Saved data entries
####################
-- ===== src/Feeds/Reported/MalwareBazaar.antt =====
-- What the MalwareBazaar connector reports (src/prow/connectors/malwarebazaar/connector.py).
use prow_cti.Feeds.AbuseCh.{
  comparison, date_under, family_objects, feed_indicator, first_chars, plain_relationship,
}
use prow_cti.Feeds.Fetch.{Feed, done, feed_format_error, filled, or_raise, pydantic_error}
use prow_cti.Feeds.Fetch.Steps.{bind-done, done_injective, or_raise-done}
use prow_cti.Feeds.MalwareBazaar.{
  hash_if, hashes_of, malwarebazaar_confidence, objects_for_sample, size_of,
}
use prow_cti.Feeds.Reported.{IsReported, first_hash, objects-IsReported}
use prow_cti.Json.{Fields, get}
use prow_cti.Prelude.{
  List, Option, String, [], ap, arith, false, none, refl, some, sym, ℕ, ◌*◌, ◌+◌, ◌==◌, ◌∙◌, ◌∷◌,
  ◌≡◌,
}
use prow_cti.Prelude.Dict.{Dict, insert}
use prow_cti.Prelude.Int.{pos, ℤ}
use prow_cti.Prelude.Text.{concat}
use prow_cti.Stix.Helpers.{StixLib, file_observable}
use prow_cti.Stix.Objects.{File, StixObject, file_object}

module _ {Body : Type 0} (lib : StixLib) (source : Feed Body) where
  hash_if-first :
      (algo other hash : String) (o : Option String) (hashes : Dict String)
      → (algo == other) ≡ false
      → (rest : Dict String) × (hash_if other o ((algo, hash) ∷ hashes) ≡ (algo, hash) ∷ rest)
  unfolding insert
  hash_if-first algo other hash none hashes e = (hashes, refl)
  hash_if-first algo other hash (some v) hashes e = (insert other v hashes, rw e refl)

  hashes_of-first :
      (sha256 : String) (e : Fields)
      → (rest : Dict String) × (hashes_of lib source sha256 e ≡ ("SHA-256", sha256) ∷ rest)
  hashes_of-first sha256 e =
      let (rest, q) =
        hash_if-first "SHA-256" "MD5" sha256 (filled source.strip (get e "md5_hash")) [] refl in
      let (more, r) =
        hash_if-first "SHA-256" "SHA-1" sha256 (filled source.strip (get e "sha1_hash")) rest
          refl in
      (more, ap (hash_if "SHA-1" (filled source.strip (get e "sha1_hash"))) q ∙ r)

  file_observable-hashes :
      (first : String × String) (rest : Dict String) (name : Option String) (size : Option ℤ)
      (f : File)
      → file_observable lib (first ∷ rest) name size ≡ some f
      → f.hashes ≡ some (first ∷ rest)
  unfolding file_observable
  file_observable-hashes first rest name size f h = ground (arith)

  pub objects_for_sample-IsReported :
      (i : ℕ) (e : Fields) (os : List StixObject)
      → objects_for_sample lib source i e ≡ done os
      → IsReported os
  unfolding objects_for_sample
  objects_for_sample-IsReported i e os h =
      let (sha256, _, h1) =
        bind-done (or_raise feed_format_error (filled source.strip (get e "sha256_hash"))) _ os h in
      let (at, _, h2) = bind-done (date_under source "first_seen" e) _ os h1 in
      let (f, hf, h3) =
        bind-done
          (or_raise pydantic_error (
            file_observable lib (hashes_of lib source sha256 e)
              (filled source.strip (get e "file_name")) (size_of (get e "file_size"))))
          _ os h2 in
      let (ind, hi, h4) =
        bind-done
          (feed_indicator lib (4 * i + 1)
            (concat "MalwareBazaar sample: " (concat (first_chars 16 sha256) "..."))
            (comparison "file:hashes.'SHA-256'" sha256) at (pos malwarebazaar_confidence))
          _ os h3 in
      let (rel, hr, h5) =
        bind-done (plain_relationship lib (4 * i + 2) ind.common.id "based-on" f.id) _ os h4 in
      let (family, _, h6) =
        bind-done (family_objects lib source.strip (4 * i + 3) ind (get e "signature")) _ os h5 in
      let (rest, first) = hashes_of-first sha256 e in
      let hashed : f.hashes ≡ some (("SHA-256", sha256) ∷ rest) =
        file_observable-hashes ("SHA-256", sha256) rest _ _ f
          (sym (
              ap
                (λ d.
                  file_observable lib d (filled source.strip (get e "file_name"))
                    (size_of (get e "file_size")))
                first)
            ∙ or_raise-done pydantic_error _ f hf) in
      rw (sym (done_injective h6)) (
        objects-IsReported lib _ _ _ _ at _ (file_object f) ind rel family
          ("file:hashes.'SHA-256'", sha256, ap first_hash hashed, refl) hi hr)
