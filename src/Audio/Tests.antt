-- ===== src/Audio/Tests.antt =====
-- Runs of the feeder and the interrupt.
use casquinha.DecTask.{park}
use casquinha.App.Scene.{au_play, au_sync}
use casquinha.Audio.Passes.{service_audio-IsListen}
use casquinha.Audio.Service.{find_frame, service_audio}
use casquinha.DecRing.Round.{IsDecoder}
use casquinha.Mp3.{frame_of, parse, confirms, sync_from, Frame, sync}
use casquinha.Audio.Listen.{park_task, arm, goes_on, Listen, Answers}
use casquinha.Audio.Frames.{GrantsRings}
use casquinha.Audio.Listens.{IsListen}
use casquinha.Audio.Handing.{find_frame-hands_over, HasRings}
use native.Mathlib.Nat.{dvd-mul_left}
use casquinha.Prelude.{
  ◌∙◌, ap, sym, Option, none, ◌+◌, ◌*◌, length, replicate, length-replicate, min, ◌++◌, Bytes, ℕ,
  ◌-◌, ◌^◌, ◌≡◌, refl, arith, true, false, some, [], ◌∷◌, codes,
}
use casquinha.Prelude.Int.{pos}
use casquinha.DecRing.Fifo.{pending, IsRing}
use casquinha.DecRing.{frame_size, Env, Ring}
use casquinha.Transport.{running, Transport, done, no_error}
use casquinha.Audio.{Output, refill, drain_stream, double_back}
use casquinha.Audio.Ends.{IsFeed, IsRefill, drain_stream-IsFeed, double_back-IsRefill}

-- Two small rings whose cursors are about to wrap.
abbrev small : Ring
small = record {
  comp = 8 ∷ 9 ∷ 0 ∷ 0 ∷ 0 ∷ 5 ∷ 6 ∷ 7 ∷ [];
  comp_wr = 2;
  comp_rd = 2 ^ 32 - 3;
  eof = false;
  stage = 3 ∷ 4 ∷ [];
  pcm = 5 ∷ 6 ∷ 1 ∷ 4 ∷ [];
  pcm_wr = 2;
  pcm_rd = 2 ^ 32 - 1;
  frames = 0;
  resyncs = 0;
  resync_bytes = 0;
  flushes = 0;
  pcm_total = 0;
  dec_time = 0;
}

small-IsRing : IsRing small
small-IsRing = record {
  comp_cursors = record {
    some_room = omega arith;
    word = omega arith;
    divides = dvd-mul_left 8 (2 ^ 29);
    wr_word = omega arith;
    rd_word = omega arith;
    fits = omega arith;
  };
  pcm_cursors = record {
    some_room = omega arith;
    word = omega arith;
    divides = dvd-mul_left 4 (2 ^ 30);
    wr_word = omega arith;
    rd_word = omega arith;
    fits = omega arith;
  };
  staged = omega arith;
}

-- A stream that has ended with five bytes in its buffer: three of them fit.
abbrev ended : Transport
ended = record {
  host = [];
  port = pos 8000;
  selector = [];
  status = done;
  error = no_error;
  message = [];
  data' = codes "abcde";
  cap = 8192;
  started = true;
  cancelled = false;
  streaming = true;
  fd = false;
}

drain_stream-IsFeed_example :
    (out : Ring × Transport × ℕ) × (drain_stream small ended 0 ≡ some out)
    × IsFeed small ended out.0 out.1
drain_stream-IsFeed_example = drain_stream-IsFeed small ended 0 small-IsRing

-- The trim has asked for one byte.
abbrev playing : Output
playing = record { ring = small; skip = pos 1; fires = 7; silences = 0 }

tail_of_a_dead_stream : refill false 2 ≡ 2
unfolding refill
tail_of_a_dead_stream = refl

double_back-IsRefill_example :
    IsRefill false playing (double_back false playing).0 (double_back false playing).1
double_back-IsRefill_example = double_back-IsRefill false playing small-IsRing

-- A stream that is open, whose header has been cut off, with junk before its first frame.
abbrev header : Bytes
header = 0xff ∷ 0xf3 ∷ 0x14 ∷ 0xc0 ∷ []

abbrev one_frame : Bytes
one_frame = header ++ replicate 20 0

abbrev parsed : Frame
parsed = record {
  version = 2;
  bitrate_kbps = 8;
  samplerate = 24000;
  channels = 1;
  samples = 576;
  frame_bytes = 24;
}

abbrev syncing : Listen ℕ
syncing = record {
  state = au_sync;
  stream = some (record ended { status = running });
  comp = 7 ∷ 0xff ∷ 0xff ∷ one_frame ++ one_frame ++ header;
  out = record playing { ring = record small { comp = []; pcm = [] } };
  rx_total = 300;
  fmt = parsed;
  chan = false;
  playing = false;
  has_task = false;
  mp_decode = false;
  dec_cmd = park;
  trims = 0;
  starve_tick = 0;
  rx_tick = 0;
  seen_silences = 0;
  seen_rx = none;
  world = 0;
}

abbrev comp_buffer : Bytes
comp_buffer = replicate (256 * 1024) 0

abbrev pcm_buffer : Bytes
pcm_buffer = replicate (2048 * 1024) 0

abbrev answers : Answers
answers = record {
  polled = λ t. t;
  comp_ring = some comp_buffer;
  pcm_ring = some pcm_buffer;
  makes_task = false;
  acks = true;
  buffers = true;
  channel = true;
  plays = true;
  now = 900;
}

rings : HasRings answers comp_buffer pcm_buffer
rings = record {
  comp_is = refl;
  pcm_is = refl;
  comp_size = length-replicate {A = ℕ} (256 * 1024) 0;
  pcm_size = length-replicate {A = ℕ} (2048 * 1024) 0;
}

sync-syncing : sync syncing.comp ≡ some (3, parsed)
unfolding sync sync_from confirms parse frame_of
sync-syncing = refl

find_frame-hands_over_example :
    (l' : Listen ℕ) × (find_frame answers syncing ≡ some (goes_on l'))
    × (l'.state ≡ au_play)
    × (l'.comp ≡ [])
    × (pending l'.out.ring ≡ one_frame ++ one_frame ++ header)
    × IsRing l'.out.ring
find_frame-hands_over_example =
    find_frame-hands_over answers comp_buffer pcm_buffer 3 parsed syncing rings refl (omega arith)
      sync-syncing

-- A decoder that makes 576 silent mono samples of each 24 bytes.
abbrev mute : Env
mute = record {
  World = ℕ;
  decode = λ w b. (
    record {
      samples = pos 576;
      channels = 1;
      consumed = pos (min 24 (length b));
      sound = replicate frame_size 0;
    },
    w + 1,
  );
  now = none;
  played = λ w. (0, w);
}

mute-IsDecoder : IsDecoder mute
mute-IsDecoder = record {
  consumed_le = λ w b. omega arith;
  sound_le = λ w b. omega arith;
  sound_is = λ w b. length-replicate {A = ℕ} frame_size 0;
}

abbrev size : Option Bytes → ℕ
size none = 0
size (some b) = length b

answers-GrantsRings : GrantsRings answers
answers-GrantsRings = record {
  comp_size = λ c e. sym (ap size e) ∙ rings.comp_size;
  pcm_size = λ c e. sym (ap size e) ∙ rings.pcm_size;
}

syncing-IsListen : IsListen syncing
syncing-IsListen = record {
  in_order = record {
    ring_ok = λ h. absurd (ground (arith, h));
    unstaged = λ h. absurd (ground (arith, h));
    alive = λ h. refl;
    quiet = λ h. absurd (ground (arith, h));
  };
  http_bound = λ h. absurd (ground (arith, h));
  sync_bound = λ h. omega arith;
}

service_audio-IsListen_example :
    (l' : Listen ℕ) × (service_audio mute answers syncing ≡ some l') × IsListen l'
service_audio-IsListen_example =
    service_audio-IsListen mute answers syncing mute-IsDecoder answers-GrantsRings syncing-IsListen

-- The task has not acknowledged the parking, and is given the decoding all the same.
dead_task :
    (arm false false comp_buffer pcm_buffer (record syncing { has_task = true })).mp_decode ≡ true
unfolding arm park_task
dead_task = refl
####################
■ WHAT IS BEING ASKED ■
Check each line of the records for "whose" and copy the ones that contain it.

■ RESPONSE TO THE TASK ■
-- Two small rings whose cursors are about to wrap.
-- A stream that is open, whose header has been cut off, with junk before its first frame.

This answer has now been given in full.